I ragazzi, di allora, i “suoi ragazzi”, non sono mancati, neppure alla cerimonia esequiale officiata nella chiesa parrocchiale di San Michele Arcangelo

Don Luigi Sanna, sacerdote diocesano, a 86 anni è tornato tra le braccia della Misericordia di Dio che lo ha accolto nella sua eterna gloria. Una vita, la sua, interamente e intensamente spesa al servizio della Chiesa e al servizio del prossimo, soprattutto di giovani e ragazzi. Così è ricordato da tante persone non solo di Collinas, suo paese natale e di Ales, ma dell’intero territorio della diocesi.I ragazzi di allora, i “suoi ragazzi” non sono mancati, neppure alla cerimonia esequiale officiata nella chiesa parrocchiale di San Michele Arcangelo a Collinas e presieduta dal vescovo Padre Roberto Carboni. Santa Messa di suffragio, animata dal coro della parrocchia, alla quale hanno partecipato anche mons. Giovanni Paolo Zedda, il vescovo emerito mons.
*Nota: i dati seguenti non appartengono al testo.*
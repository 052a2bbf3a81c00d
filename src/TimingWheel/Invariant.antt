-- ===== src/TimingWheel/Invariant.antt =====
-- What holds of a timing wheel between calls: the arrays have their sizes, each slot holds frames
-- due at ticks of its own within one turn of the wheel, and `pending_count_` counts all of them.
use native.Mathlib.Nat.{mod-lt}
use chronos_x.Base.{
  ℕ, zero, suc, ◌+◌, ◌%◌, ◌≤◌, ◌<◌, ◌≡◌, ◌≢◌, refl, sym, true, List, [], ◌∷◌, arith, u64, length,
  take, set, get_or, replicate, All, get_or-set_self, get_or-set_ne, ℕ_discrete, length-set,
  length-replicate, get_or-replicate,
}
use chronos_x.Types.{is_power_of_two}
use chronos_x.Types.PowerOfTwo.{bit_and_capacity, capacity_pos}
use chronos_x.TimingWheel.{DelayedFrame, Slot, TimingWheel, empty_slot, init, slot_index, slot_at}

-- The frames that all slots hold.
pub total : List Slot → ℕ
total [] = 0
total (s ∷ slots) = s.count + total slots

pub total-set :
    (slots : List Slot) (i : ℕ) (s d : Slot)
    → i < length slots
    → total (set slots i s) + (get_or slots i d).count ≡ total slots + s.count
unfolding total
total-set [] i s d h = absurd (omega arith)
total-set (x ∷ slots) zero s d h = omega arith
total-set (x ∷ slots) (suc i) s d h = omega (arith, total-set slots i s d (omega arith))

total-replicate : (n : ℕ) (s : Slot) → s.count ≡ 0 → total (replicate n s) ≡ 0
unfolding total
total-replicate zero s e = refl
total-replicate (suc n) s e = omega (arith, e, total-replicate n s e)

-- The frames that a slot holds.
abbrev pub entries : Slot → List DelayedFrame
entries s = take s.count s.frames

module _ (slot_count max_frames : ℕ) where
  pub record Timely (now i : ℕ) (f : DelayedFrame) : Type 0 where
    pub own_slot : f.release_tick % slot_count ≡ i
    pub later : now < f.release_tick
    pub within : f.release_tick ≤ now + slot_count

  pub record SlotOk (now i : ℕ) (s : Slot) : Type 0 where
    pub size : length s.frames ≡ max_frames
    pub bounded : s.count ≤ max_frames
    pub timely : All (Timely now i) (entries s)

  pub record IsValid (w : TimingWheel) : Type 0 where
    pub power : is_power_of_two slot_count ≡ true
    pub slots_size : length w.slots ≡ slot_count
    pub expired_size : length w.expired ≡ max_frames
    pub slots_ok :
        (i : ℕ)
        → i < length w.slots
        → SlotOk w.current_tick i (get_or w.slots i (empty_slot max_frames))
    pub pending : w.pending_count ≡ u64 (total w.slots)

  pub index_lem :
      (t : ℕ) → is_power_of_two slot_count ≡ true → slot_index slot_count t ≡ t % slot_count
  index_lem t p = bit_and_capacity slot_count t p

  pub index-lt : (w : TimingWheel) (t : ℕ) → IsValid w → slot_index slot_count t < length w.slots
  index-lt w t v =
      rw (index_lem t v.power, v.slots_size) (mod-lt t (capacity_pos slot_count v.power))

  pub slot_at-SlotOk :
      (w : TimingWheel) (t : ℕ)
      → IsValid w
      → SlotOk w.current_tick (slot_index slot_count t) (slot_at slot_count max_frames w t)
  slot_at-SlotOk w t v = v.slots_ok (slot_index slot_count t) (index-lt w t v)

  -- A slot is replaced by one that suits the clock `now`.
  pub set-slots_ok :
      (now k : ℕ) (slots : List Slot) (s : Slot)
      → k < length slots
      → ((i : ℕ) → i < length slots → i ≢ k → SlotOk now i (get_or slots i (empty_slot max_frames)))
      → SlotOk now k s
      → (i : ℕ) → i < length (set slots k s)
      → SlotOk now i (get_or (set slots k s) i (empty_slot max_frames))
  set-slots_ok now k slots s lt others new i h = elim (ℕ_discrete i k) [
    | yes e ↦ rw (e, get_or-set_self slots k s (empty_slot max_frames) lt) new
    | no ne ↦
        rw (get_or-set_ne slots k i s (empty_slot max_frames) (λ e. ne (sym e)))
          (others i (omega (arith, length-set slots k s)) ne)
  ]

  pub init-IsValid : is_power_of_two slot_count ≡ true → IsValid (init slot_count max_frames)
  unfolding init
  init-IsValid p = record {
    power = p;
    slots_size = length-replicate slot_count _;
    expired_size = length-replicate max_frames _;
    slots_ok = λ i h.
        rw (get_or-replicate slot_count i (empty_slot max_frames))
          (record { size = length-replicate max_frames _; bounded = omega arith; timely = tt });
    pending = rw (total-replicate slot_count (empty_slot max_frames) refl);
  }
Giovanni Dettori e numerosi sacerdoti diocesani. Molta commozione traspariva dai volti dei tanti fedeli provenienti da molte parrocchie della diocesi che hanno gremito la monumentale chiesa parrocchiale per l’ultimo saluto a don Sanna. Un sacerdote autentico, ha detto il Vescovo nell’omelia, ricordandone la figura e l’opera, che “tanto bene ha seminato”. Un “uomo vivace ed un educatore che ha fatto crescere in umanità tanti ragazzi”, entusiasta, creativo, originale, pieno di energia e di creatività, ma anche artista autodidatta e inventore di Radio Monte Arci. Per don Sanna non deve essere stato facile lasciare tutto questo da parroco di Morgongiori e tornare al suo paese d’origine per rimanere inattivo a causa di una lunga e sofferta malattia. Non deve essere stato facile abbracciare un lungo calvario, difficile da accettare. Ma la “sofferenza di don Luigi, che ha servito il Signore nell’annuncio della Parola e nell’amministrare i sacramenti ha rafforzato, ha continuato Padre Roberto, la fede di tanti”.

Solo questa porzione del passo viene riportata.